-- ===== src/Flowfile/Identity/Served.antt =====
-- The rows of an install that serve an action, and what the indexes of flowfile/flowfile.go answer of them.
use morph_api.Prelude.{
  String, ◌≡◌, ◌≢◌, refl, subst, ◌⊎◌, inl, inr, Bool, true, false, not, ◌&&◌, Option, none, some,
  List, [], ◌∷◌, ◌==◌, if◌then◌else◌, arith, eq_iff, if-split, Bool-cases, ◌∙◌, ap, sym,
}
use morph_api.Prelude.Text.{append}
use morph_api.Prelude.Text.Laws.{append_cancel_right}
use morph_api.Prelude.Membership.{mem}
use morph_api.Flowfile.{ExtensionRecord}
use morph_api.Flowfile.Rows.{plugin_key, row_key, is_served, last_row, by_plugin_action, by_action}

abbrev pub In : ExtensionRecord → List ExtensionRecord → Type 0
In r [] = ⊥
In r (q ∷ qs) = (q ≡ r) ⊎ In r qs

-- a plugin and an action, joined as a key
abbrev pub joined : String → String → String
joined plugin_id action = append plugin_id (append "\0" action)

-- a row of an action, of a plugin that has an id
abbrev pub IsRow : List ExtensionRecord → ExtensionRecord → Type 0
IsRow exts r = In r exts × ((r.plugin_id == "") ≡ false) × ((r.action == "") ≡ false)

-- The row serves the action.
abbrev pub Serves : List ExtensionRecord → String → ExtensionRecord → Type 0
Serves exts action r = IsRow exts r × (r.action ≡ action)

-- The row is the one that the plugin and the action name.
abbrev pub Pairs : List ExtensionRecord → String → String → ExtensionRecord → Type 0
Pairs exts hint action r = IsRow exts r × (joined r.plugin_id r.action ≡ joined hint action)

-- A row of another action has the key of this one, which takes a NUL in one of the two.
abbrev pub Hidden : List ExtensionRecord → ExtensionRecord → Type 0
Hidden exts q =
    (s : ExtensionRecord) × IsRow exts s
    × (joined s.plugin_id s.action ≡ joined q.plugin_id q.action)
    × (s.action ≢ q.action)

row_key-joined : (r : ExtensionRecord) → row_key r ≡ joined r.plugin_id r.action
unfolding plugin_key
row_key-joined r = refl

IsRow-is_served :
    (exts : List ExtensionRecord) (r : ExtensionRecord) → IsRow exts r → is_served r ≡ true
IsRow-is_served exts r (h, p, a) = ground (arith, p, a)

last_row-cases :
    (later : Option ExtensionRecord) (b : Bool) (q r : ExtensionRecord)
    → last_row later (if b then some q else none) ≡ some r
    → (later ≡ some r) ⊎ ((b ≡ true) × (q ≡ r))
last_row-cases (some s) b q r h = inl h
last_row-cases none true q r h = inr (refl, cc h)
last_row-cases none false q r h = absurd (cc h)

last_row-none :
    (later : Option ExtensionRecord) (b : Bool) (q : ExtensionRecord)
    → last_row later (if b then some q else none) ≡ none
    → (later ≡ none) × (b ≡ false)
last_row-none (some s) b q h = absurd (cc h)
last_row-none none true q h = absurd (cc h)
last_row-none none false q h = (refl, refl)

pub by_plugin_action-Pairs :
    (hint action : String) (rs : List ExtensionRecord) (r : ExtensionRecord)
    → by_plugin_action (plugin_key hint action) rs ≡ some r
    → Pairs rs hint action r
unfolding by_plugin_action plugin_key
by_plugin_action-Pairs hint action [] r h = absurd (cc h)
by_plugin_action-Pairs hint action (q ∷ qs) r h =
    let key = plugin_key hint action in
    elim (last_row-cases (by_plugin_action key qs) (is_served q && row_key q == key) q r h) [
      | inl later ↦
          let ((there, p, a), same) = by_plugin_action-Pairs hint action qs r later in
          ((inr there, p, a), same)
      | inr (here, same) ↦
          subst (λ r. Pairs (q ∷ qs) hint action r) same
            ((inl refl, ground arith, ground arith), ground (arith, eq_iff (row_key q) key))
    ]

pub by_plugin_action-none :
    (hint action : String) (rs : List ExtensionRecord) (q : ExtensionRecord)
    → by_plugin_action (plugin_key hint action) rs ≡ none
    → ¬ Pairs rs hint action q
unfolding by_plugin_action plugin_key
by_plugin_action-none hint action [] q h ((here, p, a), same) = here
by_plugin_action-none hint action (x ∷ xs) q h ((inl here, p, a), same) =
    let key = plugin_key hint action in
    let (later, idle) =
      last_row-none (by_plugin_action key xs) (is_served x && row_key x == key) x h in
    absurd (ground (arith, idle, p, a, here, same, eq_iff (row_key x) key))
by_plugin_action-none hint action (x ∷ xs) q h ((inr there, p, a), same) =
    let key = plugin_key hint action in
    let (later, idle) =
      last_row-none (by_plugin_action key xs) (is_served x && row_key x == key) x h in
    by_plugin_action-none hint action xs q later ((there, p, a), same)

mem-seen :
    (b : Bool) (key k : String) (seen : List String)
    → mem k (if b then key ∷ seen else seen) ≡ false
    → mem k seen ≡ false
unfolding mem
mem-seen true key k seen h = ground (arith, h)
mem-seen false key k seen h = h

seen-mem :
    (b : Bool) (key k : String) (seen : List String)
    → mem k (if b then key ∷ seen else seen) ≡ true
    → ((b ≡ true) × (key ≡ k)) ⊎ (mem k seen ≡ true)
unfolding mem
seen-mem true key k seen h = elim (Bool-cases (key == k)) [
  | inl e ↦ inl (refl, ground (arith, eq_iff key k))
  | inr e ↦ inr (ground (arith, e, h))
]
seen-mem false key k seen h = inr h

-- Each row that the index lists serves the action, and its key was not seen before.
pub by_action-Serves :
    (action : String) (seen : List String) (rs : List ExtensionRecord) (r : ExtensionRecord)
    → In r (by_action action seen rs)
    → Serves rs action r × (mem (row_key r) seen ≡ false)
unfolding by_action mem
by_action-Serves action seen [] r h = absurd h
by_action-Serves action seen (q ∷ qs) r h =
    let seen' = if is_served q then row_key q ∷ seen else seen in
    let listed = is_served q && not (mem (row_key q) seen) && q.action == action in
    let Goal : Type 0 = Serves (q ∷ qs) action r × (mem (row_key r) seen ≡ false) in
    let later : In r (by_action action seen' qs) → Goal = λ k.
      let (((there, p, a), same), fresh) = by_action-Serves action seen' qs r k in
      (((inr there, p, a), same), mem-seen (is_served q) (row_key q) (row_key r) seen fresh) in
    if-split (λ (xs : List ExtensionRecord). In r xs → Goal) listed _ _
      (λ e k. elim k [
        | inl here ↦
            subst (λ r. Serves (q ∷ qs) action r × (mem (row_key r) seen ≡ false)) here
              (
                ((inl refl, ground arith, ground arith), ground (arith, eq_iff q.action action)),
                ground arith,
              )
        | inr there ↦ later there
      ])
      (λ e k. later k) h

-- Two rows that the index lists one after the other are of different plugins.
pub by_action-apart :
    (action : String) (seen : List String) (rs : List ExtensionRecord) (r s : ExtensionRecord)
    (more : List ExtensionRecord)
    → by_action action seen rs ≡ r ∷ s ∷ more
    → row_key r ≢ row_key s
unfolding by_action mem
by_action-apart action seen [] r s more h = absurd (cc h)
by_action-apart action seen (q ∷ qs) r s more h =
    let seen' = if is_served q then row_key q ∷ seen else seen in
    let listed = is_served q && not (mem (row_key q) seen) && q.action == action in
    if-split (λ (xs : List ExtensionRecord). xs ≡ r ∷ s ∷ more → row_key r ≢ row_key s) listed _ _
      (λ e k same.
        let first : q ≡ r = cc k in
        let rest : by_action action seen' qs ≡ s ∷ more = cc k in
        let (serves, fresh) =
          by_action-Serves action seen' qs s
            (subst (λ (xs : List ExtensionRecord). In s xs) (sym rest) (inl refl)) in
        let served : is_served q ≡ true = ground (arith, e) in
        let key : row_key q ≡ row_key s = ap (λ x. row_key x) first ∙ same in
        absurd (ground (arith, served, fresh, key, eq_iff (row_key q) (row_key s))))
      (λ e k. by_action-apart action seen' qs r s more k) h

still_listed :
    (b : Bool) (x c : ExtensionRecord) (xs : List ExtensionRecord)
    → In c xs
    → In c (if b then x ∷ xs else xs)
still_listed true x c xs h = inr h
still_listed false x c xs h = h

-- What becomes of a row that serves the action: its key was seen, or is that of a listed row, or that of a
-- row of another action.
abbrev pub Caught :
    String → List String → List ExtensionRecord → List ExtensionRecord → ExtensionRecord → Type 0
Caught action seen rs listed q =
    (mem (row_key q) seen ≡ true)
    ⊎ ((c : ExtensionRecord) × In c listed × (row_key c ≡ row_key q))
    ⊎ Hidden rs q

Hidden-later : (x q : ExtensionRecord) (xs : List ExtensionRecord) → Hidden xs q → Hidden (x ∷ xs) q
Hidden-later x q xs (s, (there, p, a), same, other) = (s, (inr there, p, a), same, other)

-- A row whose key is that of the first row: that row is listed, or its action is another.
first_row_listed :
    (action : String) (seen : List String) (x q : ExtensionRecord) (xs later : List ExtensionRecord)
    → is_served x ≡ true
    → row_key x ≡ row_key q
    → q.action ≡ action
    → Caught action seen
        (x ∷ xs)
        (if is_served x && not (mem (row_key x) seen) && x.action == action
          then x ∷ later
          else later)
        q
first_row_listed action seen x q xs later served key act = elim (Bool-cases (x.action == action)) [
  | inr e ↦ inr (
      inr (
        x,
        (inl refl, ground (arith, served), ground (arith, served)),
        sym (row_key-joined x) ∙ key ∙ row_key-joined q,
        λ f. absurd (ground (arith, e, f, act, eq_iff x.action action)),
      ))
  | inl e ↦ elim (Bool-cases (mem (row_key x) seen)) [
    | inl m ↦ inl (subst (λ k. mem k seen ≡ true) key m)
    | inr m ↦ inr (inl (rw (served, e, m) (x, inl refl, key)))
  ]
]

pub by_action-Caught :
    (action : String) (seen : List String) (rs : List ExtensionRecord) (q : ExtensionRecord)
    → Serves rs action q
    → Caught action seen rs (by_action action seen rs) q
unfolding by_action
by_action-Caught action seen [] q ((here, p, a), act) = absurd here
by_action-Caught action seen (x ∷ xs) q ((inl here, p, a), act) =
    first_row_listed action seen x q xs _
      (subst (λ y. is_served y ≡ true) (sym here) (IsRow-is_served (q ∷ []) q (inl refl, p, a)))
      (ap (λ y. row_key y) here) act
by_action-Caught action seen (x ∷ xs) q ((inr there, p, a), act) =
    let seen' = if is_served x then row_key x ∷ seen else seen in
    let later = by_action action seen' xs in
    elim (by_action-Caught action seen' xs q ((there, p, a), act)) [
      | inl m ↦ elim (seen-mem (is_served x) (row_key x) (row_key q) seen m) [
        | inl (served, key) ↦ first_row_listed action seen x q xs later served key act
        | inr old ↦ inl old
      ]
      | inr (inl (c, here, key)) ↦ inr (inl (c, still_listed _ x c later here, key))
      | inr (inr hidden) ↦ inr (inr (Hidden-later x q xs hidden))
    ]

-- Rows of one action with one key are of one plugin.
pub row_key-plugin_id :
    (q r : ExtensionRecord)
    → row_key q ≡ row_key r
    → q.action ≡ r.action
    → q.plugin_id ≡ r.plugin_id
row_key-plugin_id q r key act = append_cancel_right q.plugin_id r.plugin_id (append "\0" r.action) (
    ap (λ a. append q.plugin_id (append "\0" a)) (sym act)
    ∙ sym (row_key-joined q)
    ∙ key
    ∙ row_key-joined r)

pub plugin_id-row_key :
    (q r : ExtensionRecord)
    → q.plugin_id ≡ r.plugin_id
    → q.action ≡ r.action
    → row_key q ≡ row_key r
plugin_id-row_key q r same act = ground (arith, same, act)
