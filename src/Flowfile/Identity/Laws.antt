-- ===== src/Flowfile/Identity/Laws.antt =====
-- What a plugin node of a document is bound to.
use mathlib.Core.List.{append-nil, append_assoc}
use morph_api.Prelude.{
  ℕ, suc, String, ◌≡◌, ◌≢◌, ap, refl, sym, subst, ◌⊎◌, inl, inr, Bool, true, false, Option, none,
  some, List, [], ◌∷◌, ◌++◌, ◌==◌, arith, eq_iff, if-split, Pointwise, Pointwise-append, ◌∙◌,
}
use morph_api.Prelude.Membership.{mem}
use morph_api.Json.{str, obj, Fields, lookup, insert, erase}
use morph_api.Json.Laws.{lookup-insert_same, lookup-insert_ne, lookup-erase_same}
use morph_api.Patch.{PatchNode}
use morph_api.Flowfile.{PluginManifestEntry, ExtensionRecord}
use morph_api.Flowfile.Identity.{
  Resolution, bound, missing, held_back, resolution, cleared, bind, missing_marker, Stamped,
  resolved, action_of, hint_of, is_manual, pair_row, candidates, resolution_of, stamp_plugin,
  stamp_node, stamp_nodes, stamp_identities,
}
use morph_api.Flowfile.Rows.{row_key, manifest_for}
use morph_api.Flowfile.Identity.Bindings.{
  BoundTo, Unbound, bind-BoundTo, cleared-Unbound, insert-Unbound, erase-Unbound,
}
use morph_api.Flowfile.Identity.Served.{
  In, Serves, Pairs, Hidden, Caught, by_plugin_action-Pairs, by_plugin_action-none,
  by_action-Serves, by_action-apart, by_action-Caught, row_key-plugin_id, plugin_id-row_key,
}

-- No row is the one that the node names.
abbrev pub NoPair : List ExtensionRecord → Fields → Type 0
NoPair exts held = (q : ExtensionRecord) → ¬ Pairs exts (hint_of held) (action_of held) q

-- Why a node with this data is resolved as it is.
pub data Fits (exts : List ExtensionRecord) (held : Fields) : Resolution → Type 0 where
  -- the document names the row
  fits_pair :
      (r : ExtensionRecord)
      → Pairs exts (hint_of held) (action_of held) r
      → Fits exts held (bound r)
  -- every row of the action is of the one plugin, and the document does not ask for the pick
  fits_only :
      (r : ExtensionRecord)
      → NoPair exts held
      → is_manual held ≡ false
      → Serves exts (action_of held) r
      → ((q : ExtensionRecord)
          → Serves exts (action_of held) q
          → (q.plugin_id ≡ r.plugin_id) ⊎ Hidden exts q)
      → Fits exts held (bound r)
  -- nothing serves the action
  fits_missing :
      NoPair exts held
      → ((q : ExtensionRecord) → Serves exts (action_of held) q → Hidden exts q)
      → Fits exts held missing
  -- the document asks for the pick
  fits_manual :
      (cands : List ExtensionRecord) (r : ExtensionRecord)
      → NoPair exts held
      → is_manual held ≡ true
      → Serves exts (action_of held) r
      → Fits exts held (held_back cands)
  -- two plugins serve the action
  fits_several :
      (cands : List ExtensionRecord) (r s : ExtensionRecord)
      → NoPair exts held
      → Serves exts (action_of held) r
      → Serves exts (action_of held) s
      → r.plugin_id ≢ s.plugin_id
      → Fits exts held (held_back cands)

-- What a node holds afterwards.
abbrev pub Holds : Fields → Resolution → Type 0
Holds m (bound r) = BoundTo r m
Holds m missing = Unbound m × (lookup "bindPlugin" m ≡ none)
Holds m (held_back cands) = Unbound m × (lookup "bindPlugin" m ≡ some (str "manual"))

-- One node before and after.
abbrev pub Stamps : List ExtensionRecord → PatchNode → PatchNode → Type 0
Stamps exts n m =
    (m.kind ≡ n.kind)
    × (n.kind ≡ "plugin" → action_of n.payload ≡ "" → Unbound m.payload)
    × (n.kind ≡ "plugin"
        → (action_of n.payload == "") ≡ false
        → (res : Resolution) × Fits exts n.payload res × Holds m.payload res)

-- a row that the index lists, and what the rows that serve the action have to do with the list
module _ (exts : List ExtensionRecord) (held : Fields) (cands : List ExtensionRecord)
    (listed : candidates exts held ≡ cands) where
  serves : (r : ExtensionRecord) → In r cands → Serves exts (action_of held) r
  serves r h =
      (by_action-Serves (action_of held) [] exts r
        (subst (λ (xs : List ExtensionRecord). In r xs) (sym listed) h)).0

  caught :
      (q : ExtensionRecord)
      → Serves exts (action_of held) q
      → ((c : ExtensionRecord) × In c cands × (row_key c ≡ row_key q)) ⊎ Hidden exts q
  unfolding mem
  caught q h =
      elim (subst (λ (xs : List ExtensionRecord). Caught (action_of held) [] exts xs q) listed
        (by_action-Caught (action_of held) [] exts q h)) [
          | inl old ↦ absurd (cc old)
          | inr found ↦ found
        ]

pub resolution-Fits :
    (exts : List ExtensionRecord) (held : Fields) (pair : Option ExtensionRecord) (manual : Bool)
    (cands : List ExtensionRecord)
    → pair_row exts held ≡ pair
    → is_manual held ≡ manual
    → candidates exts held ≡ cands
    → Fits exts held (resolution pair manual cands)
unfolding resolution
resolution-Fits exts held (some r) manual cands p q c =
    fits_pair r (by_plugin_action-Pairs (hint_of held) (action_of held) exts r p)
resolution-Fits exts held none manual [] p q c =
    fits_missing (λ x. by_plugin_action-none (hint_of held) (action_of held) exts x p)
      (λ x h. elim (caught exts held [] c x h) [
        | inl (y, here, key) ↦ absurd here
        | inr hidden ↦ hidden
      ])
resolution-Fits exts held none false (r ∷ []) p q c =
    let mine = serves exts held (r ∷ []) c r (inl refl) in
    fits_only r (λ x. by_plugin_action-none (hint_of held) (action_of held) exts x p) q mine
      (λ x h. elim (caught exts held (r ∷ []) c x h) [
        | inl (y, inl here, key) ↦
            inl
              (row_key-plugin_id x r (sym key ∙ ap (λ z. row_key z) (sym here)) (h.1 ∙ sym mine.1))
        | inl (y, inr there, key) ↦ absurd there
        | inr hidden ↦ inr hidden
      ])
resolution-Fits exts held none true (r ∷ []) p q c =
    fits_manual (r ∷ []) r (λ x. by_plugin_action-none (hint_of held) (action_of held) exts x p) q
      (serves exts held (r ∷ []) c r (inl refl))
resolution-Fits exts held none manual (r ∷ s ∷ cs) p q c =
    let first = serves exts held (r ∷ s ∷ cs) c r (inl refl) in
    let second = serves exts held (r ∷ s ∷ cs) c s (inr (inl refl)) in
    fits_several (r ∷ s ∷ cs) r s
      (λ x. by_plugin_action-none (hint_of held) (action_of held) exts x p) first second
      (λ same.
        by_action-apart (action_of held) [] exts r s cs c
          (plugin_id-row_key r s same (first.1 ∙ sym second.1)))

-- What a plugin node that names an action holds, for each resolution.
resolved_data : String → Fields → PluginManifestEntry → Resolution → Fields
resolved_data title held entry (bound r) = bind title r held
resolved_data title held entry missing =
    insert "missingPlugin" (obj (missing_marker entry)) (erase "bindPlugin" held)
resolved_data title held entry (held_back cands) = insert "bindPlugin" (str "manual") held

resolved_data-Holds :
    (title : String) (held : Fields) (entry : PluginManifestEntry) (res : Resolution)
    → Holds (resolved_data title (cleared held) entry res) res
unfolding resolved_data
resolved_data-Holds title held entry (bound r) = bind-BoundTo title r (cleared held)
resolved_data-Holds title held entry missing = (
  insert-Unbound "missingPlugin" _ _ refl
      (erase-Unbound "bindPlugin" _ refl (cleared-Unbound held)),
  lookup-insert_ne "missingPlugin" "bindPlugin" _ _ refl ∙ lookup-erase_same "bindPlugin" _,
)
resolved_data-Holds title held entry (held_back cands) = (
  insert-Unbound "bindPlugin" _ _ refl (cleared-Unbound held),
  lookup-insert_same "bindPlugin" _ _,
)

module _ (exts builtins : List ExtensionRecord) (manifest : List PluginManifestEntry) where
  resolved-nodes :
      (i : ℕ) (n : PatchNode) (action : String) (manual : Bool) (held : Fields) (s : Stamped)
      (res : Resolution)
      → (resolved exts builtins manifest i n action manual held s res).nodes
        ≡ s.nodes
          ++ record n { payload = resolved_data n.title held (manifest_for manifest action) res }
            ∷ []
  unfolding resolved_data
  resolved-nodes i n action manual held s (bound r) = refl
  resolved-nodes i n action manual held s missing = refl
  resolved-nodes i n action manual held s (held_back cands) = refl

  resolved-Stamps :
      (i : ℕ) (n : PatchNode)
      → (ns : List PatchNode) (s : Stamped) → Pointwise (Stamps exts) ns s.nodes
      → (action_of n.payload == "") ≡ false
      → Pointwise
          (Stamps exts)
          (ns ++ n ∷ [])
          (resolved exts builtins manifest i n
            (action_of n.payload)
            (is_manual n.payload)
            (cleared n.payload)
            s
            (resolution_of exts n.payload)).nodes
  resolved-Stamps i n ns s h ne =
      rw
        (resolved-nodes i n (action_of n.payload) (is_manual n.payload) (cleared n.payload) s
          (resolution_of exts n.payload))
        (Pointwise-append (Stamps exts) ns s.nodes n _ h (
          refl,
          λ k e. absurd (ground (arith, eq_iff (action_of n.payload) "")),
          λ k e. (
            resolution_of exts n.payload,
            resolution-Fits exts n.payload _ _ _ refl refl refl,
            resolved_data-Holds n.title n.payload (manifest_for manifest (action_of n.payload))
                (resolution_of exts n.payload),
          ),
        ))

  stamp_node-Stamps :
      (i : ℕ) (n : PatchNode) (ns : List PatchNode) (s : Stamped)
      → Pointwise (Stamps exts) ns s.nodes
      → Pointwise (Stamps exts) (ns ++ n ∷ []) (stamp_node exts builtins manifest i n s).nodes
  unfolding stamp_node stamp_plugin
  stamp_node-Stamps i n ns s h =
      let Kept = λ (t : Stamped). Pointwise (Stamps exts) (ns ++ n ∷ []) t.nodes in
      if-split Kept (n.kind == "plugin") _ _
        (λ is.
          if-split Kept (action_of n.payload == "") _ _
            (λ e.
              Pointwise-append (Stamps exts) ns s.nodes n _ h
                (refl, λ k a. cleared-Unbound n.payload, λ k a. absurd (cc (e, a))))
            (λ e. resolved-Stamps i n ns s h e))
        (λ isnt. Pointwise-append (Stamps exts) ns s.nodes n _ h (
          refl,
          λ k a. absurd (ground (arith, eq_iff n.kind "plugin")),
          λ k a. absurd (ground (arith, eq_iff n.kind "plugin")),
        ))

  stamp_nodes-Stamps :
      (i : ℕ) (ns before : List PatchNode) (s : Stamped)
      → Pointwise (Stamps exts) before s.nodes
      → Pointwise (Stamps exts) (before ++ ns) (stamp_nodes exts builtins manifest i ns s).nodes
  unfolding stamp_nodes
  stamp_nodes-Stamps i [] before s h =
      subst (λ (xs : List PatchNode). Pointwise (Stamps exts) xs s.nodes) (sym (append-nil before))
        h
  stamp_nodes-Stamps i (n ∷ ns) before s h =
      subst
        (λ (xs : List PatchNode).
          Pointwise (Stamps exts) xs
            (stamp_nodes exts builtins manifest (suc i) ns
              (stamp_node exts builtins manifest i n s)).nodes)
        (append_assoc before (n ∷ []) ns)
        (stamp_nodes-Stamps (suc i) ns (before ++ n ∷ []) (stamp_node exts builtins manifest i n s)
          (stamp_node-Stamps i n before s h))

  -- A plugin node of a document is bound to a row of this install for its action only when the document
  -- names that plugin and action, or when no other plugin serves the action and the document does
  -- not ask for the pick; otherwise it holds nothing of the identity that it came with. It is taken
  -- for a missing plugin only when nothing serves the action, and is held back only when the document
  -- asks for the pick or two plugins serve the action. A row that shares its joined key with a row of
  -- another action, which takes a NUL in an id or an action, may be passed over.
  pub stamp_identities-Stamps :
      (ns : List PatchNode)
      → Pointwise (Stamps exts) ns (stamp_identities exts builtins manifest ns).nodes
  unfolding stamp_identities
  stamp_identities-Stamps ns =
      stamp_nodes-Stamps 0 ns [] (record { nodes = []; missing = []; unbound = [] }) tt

=== YOUR INSTRUCTIONS ===
What you return must be the lines above that run from the line with "joined q.plugin_id q.action)" to the line with "last_row-cases (some s) b q r h = inl h", inclusive, each copied exactly.

=== SOLUTION ===
    × (joined s.plugin_id s.action ≡ joined q.plugin_id q.action)
    × (s.action ≢ q.action)

row_key-joined : (r : ExtensionRecord) → row_key r ≡ joined r.plugin_id r.action
unfolding plugin_key
row_key-joined r = refl

IsRow-is_served :
    (exts : List ExtensionRecord) (r : ExtensionRecord) → IsRow exts r → is_served r ≡ true
IsRow-is_served exts r (h, p, a) = ground (arith, p, a)

last_row-cases :
    (later : Option ExtensionRecord) (b : Bool) (q r : ExtensionRecord)
    → last_row later (if b then some q else none) ≡ some r
    → (later ≡ some r) ⊎ ((b ≡ true) × (q ≡ r))
last_row-cases (some s) b q r h = inl h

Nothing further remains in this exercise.